Пани Новак со второго года преподает у нас родную речь и литературу. С ней зубрежки стало чуть меньше, а интереса к предмету прибавилось. Нам даже дозволяется озвучивать на занятиях личное мнение. Думаю, поэтому она такая чувствительная к чужим настроениям: нельзя рассуждать о поэзии Юлиуша Словацкого [1] и оставаться сухим пнем.
– Ну, что там? – Пани Новак прижимает сжатые кулаки к груди, и они тонут в пышном жабо. – Есть ли новости о Юлии?
– Нет, пани Новак. Меня только спрашивали, не ссорились ли мы с ней накануне.
Она ахает, ее светло-зеленые глаза сначала округляются от изумления, но тут же суживаются в гневе:
– Это они что – подозревают наших девочек? Подозревают тебя?! Да как они могут!
Пани Новак невысокая, но может производить подавляющее впечатление. Вот как сейчас – рядом с ней я чувствую себя маленькой, хотя на полголовы выше наставницы.
– Не волнуйся, Магдалена. Никто не думает о тебе дурно. Во всяком случае, я точно не думаю, – тараторит пани Новак, теребя все украшения, что на ней есть: сжимает подвеску, дергает серьги, крутит на пальце кольцо. – Ведь если ты говоришь, что с Юлией не ссорилась, то, значит, так и есть. Я тебе верю.
Меня вдруг пронзает стыд, глаза жжет.
Пани Новак быстро понимает, что я на грани, и раскрывает передо мной объятия:
– Милая моя, милая Магдалена. Тебе одиноко, да? Ты ведь так любила нашу Касю, вы так дружили! А теперь ты осталась одна. Бедная, бедная моя девочка…
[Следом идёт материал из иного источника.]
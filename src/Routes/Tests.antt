-- ===== src/Routes/Tests.antt =====
-- Requests on a small state.
use schematica_api.ApiLinting.{Linter}
use schematica_api.Common.{
  String, ℕ, ◌≡◌, ◌≢◌, inr, inl, refl, arith, eq_iff, none, some, Option, false, [], ◌∷◌, parse_int,
}
use schematica_api.Common.Map
use schematica_api.Database.{Database, memory_client, memory_client-IsPrisma}
use schematica_api.Encryption.Clear.{clear}
use schematica_api.Entities.{Environment, Secret}
use schematica_api.Exceptions.{Exception, Lock, ok, throw}
use schematica_api.Endpoints.{UpdateEndpointDto}
use schematica_api.Json.{end}
use schematica_api.Locking.{LockingService, acquire_lock, init}
use schematica_api.Locking.Calls.{run, cleans, acquires}
use schematica_api.Routes.{put_endpoint}
use schematica_api.Routes.Editing.{put_endpoint_exclusive}
use schematica_api.Routes.Foreign.{IsDeletedBy, delete_secret_cross_project}
use schematica_api.Samples.{alice, bob, db}

abbrev silent : Linter
silent spec = some []

abbrev alice_lock : Lock
alice_lock = record { user_id = "u1"; username = "alice"; expires_at = 130 }

abbrev held : LockingService
held = record {
  locks = ("e1", alice_lock) ∷ [];
  sent = ("e1", some alice_lock) ∷ [];
  lock_duration_ms = 30;
}

acquired : acquire_lock "e1" alice 100 100 (init 30) ≡ ok (held, alice_lock)
unfolding acquire_lock init Map.get Map.set
acquired = refl

abbrev edit : UpdateEndpointDto
edit = record {
  path = "/items";
  method = "GET";
  operation = end;
  last_known_updated_at = "T0";
  status = none;
}

bob_ne_alice : ◌≢◌ {A = String} "u2" "u1"
bob_ne_alice = ground (arith, eq_iff "u2" "u1")

put_endpoint_exclusive_example :
    (e : Exception) × (put_endpoint memory_client silent db
        (run held (acquires "e1" bob 110 110 ∷ cleans 120 ∷ []))
        125
        bob
        "p1"
        "e1"
        edit
        "T1"
      ≡ throw e)
unfolding init
put_endpoint_exclusive_example =
    put_endpoint_exclusive memory_client silent "e1" alice 100 100 (init 30) held alice_lock
      (acquires "e1" bob 110 110 ∷ cleans 120 ∷ []) 125 db bob "p1" edit "T1" acquired tt
      ((omega arith, omega arith), (omega arith, tt)) (omega arith) bob_ne_alice

-- The environment v9 and its secret belong to another project.
abbrev foreign_environment : Environment
foreign_environment = record { id = "v9"; name = "live"; description = none; project_id = "p9" }

abbrev foreign_secret : Secret
foreign_secret = record {
  id = 7;
  key = "K";
  value = "V";
  description = none;
  environment_id = "v9";
}

abbrev two_projects : Database
two_projects = record db { environments = foreign_environment ∷ []; secrets = foreign_secret ∷ [] }

abbrev only_seven : String → Option ℕ
only_seven param = some 7

other_project : ◌≢◌ {A = String} "p9" "p1"
other_project = ground (arith, eq_iff "p9" "p1")

delete_secret_cross_project_example :
    IsDeletedBy memory_client clear only_seven two_projects alice "p1" "7" foreign_secret
unfolding parse_int
delete_secret_cross_project_example =
    delete_secret_cross_project memory_client memory_client-IsPrisma clear only_seven two_projects
      alice "p1" "7" (record { is_negative = false; magnitude = 7 }) foreign_environment
      foreign_secret refl (inr ((_, inl refl, refl), inl (_, inl refl, (refl, refl, refl))))
      (inl refl) other_project (inl refl) refl refl refl seven refl refl
  where
    seven : parse_int "7" ≡ some (record { is_negative = false; magnitude = 7 })
    seven = refl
С этими словами она гладит меня по спине и слегка покачивается, а я рыдаю, спрятав лицо в кружева ее воротничка, зажав себе рот ладонью.
Под шепот и участливое причитание пани Новак я успокаиваюсь и уже могу стоять без поддержки.
– Полегчало? Держи, вытри глазки. – Она протягивает мне вышитый гладью платочек. – А теперь тебе стоит умыться холодной водой – чем холодней, тем лучше – и лечь спать с легким сердцем. Ты ни в чем не виновата, не забывай об этом. Не виновата.
Я зачарованно киваю, почти веря ее словам.
– Давай, иди к себе. Скоро прозвонят отбой. Поисками Юлии уже занимается полиция. Может статься, ты проснешься, а ее уже найдут. В плаще из листьев, в короне золотой, – шутит она.